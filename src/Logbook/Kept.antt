-- ===== src/Logbook/Kept.antt =====
-- What `write` of logbook/scribe.py leaves of the ledgers, at each of its steps.
use auto_weaver.Prelude.{
  ℕ, ◌+◌, String, ◌≡◌, refl, sym, ap, ◌∙◌, Option, none, some, List, [], ◌∷◌, length, string_eq,
}
use auto_weaver.Dict.{Dict, get}
use auto_weaver.Value.{Result, ok, err}
use auto_weaver.Exec.{Exec, pure, lift, modify, continue, ◌>>=◌}
use auto_weaver.Logbook.{Py, Python}
use auto_weaver.Logbook.Writer.{Attachment}
use auto_weaver.Logbook.Book.{
  Row, Scribe, Logbook, Moment, put_scribe, find_scribe, next_seq, append_line, count,
}
use auto_weaver.Logbook.Attachments.{
  open_writer, attachment_writer, submit_attachment, submit_all, count_dropped, attach,
}
use auto_weaver.Logbook.Scribe.{
  kind_text, stamp, first_row, layered, coerced, build_row, put_row, write_row,
}
use auto_weaver.Logbook.Ledgers.{
  seq_at, plus_at, IsAccounted, IsSame, IsSame-IsAccounted, IsSame-put_scribe,
}
use auto_weaver.Logbook.Calls.{
  Leaves, Wrote, next_seq-IsAccounted, unused-IsAccounted, append_line-Wrote, count-IsAccounted,
}

module _ {F : Type 0} where
  -- the code leaves files, tallies and numbers as they are
  abbrev Keeps : {A : Type 0} → Exec (Logbook F) A → Type 0
  Keeps m = (b : Logbook F) → IsSame b (m b).1

  pub IsSame-trans : (b c d : Logbook F) → IsSame b c → IsSame c d → IsSame b d
  IsSame-trans b c d (f, k, s) (g, l, t) = (g ∙ f, l ∙ k, λ x. t x ∙ s x)

  Keeps-continue :
      {A B : Type 0} (r : Result A) (f : A → Exec (Logbook F) B) (b c : Logbook F)
      → IsSame b c
      → ((a : A) → Keeps (f a))
      → IsSame b (continue r f c).1
  Keeps-continue (err e) f b c h k = h
  Keeps-continue (ok a) f b c h k = IsSame-trans b c (f a c).1 h (k a c)

  Keeps-bind :
      {A B : Type 0} (m : Exec (Logbook F) A) (f : A → Exec (Logbook F) B)
      → Keeps m
      → ((a : A) → Keeps (f a))
      → Keeps (m >>= f)
  Keeps-bind m f h k b = Keeps-continue (m b).0 f b (m b).1 (h b) k

  find_scribe-Keeps : (ledger : String) → Keeps (find_scribe ledger)
  find_scribe-Keeps ledger b = (refl, refl, λ l. refl)

  attachment_writer-Keeps : Keeps attachment_writer
  unfolding attachment_writer
  attachment_writer-Keeps =
      Keeps-bind (λ b. (open_writer b.attachments b.attachment_capacity b.attachment_policy, b)) _
        (λ b. (refl, refl, λ l. refl)) (λ q b. (refl, refl, λ l. refl))

  -- a scribe that is found and put back with its number
  pub put_back-Keeps :
      {A : Type 0} (ledger : String) (f : Scribe F → Scribe F) (v : Scribe F → A)
      (o : Option (Scribe F)) (b : Logbook F)
      → get b.scribes ledger ≡ o
      → ((s : Scribe F) → (f s).seq ≡ s.seq)
      → IsSame b
          (continue (find_scribe ledger b).0 (λ s c. (ok (v s), put_scribe ledger (f s) c)) b).1
  put_back-Keeps ledger f v none b e h = rw e (refl, refl, λ l. refl)
  put_back-Keeps ledger f v (some s) b e h =
      rw e (IsSame-put_scribe ledger (f s) b (h s ∙ ap seq_at (sym e)))

  two_reads_keep :
      {C D E : Type 0} (r : Result C) (t : Result D) (f : C → D → E)
      → Keeps (lift r >>= (λ y. lift t >>= (λ z. pure (f y z))))
  two_reads_keep (err e) t f b = (refl, refl, λ l. refl)
  two_reads_keep (ok c) (err e) f b = (refl, refl, λ l. refl)
  two_reads_keep (ok c) (ok d) f b = (refl, refl, λ l. refl)

  -- code that reads four values, any of which may raise
  four_reads_keep :
      {A B C D E : Type 0} (r : Result A) (m : Exec (Logbook F) B) (g : B → Result C) (t : Result D)
      (f : A → B → C → D → E) (b : Logbook F)
      → Keeps m
      → IsSame b
          (continue r
            (λ a. m >>= (λ x. lift (g x) >>= (λ y. lift t >>= (λ z. pure (f a x y z)))))
            b).1
  four_reads_keep (err e) m g t f b k = (refl, refl, λ l. refl)
  four_reads_keep {A} {B} (ok a) m g t f b k =
      Keeps-bind m (λ x. lift (g x) >>= (λ y. lift t >>= (λ z. pure (f a x y z)))) k
        (λ x. two_reads_keep (g x) t (f a x)) b

module _ (P : Python) where
  submit_attachment-Keeps : (seq : ℕ) (a : Attachment) → Keeps (submit_attachment P seq a)
  unfolding submit_attachment
  submit_attachment-Keeps seq a =
      Keeps-bind attachment_writer _ attachment_writer-Keeps (λ q b. (refl, refl, λ l. refl))

  submit_all-Keeps :
      (seq : ℕ) (as_ : List Attachment) (acc : Dict String String × List String)
      → Keeps (submit_all P seq as_ acc)
  unfolding submit_all
  submit_all-Keeps seq [] acc = λ b. (refl, refl, λ l. refl)
  submit_all-Keeps seq (a ∷ rest) acc =
      Keeps-bind (submit_attachment P seq a) _ (submit_attachment-Keeps seq a)
        (λ r. submit_all-Keeps seq rest _)

  count_dropped-Keeps :
      (ledger : String) (names : List String) → Keeps (count_dropped P ledger names)
  count_dropped-Keeps ledger [] b = (refl, refl, λ l. refl)
  count_dropped-Keeps ledger (name ∷ names) b =
      put_back-Keeps ledger
        (λ s. record s { dropped_attachments = s.dropped_attachments + length (name ∷ names) })
        (λ s. tt) (get b.scribes ledger) b refl (λ s. refl)

  attach-Keeps :
      (ledger : String) (seq : ℕ) (as_ : List Attachment) (row : Row P.Number)
      → Keeps (attach P ledger seq as_ row)
  unfolding attach
  attach-Keeps ledger seq [] row = λ b. (refl, refl, λ l. refl)
  attach-Keeps ledger seq (a ∷ rest) row =
      Keeps-bind (submit_all P seq (a ∷ rest) ([], [])) _ (submit_all-Keeps seq (a ∷ rest) _) (λ r.
        Keeps-bind (count_dropped P ledger r.1) _ (count_dropped-Keeps ledger r.1)
          (λ _ b. (refl, refl, λ l. refl)))

  build_row-Keeps :
      (m : Moment P.Number) (ledger : String) (seq : ℕ) (kind : String) (at : Option P.Number)
      (fields : Row P.Number)
      → Keeps (build_row P m ledger seq kind at fields)
  unfolding build_row
  build_row-Keeps m ledger seq kind at fields b =
      four_reads_keep (coerced P b.context) (find_scribe ledger) (λ s. coerced P s.defaults)
        (coerced P fields)
        (λ context s defaults own.
          layered P (first_row P seq (stamp P m at b) kind) b.row_tags context defaults own)
        b (find_scribe-Keeps ledger)

module _ {F : Type 0} (p u : String → ℕ) where
  -- with a number that waits for its line, code that keeps the ledgers may go ahead
  waiting-continue :
      {A B : Type 0} (W : B → Logbook F → Type 0) (ledger : String) (r : Result A)
      (f : A → Exec (Logbook F) B) (b c : Logbook F)
      → IsSame b c
      → IsAccounted (plus_at ledger p) u b
      → ((a : A) (d : Logbook F)
          → IsAccounted (plus_at ledger p) u d
          → Leaves W (IsAccounted p u) (f a d))
      → Leaves W (IsAccounted p u) (continue r f c)
  waiting-continue W ledger (err e) f b c k h next =
      unused-IsAccounted p u ledger c (IsSame-IsAccounted (plus_at ledger p) u b c k h)
  waiting-continue W ledger (ok a) f b c k h next =
      next a c (IsSame-IsAccounted (plus_at ledger p) u b c k h)

  waiting-bind :
      {A B : Type 0} (W : B → Logbook F → Type 0) (ledger : String) (m : Exec (Logbook F) A)
      (f : A → Exec (Logbook F) B)
      → Keeps m
      → ((a : A) (d : Logbook F)
          → IsAccounted (plus_at ledger p) u d
          → Leaves W (IsAccounted p u) (f a d))
      → (b : Logbook F) → IsAccounted (plus_at ledger p) u b
      → Leaves W (IsAccounted p u) ((m >>= f) b)
  waiting-bind W ledger m f k next b h = waiting-continue W ledger (m b).0 f b (m b).1 (k b) h next

  name-Wrote :
      (ledger name : String) (r : Result (Unit {0})) (c : Logbook F)
      → Wrote p u ledger (r, c)
      → Leaves
          (λ n d. IsAccounted p (plus_at ledger u) d)
          (IsAccounted p u)
          (continue {B = String} r (λ _ d. (ok name, d)) c)
  name-Wrote ledger name (err e) c h = h
  name-Wrote ledger name (ok t) c h = h

module _ (P : Python) (p u : String → ℕ) where
  -- a number that waits gets its line, which waits to be counted, or nothing does
  pub put_row-IsAccounted :
      (m : Moment P.Number) (ledger : String) (kind : Py P.Number) (at : Option P.Number)
      (as_ : List Attachment) (fields : Row P.Number) (seq : ℕ) (b : Logbook P.Number)
      → IsAccounted (plus_at ledger p) u b
      → Leaves
          (λ name c. IsAccounted p (plus_at ledger u) c)
          (IsAccounted p u)
          (put_row P m ledger kind at as_ fields seq b)
  unfolding put_row
  put_row-IsAccounted m ledger kind at as_ fields seq =
      let W : String → Logbook P.Number → Type 0 = λ n c. IsAccounted p (plus_at ledger u) c in
      waiting-bind p u W ledger (lift (kind_text P kind)) _ (λ c. (refl, refl, λ l. refl))
        (λ name.
          waiting-bind p u W ledger (build_row P m ledger seq name at fields) _
            (build_row-Keeps P m ledger seq name at fields)
            (λ row.
              waiting-bind p u W ledger (attach P ledger seq as_ row) _
                (attach-Keeps P ledger seq as_ row)
                (λ whole.
                  waiting-bind p u W ledger (lift (m.dumped whole)) _ (λ c. (refl, refl, λ l. refl))
                    (λ _ d h.
                      name-Wrote p u ledger name (append_line m ledger whole d).0
                        (append_line m ledger whole d).1
                        (append_line-Wrote p u m ledger whole d (get d.scribes ledger) refl h)))))

  count_row-IsAccounted :
      (ledger : String) (x : Result String × Logbook P.Number)
      → Leaves (λ name c. IsAccounted p (plus_at ledger u) c) (IsAccounted p u) x
      → IsAccounted p u (continue {B = Unit} x.0 (λ name. modify (count ledger name)) x.1).1
  count_row-IsAccounted ledger (ok name, c) h = count-IsAccounted p u ledger name c h
  count_row-IsAccounted ledger (err e, c) h = h

  pub write_row-IsAccounted :
      (m : Moment P.Number) (ledger : String) (kind : Py P.Number) (at : Option P.Number)
      (as_ : List Attachment) (fields : Row P.Number) (b : Logbook P.Number)
      → IsAccounted p u b
      → IsAccounted p u (write_row P m ledger kind at as_ fields b).1
  unfolding write_row
  write_row-IsAccounted m ledger kind at as_ fields b h =
      go (next_seq ledger b) (next_seq-IsAccounted p u ledger (get b.scribes ledger) b refl h)
    where
      go :
          (x : Result ℕ × Logbook P.Number)
          → Leaves (λ n c. IsAccounted (plus_at ledger p) u c) (IsAccounted p u) x
          → IsAccounted p u
              (continue x.0
                (λ seq.
                  put_row P m ledger kind at as_ fields seq
                  >>= (λ name. modify (count ledger name)))
                x.1).1
      go (ok seq, c) k =
          count_row-IsAccounted ledger (put_row P m ledger kind at as_ fields seq c)
            (put_row-IsAccounted m ledger kind at as_ fields seq c k)
      go (err e, c) k = k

* **PROBLEM**: Could you copy each line of the material that holds "waiting"?

* **EXERCISE SOLUTION**:
  waiting-continue :
  waiting-continue W ledger (err e) f b c k h next =
  waiting-continue W ledger (ok a) f b c k h next =
  waiting-bind :
  waiting-bind W ledger m f k next b h = waiting-continue W ledger (m b).0 f b (m b).1 (k b) h next
      waiting-bind p u W ledger (lift (kind_text P kind)) _ (λ c. (refl, refl, λ l. refl))
          waiting-bind p u W ledger (build_row P m ledger seq name at fields) _
              waiting-bind p u W ledger (attach P ledger seq as_ row) _
                  waiting-bind p u W ledger (lift (m.dumped whole)) _ (λ c. (refl, refl, λ l. refl))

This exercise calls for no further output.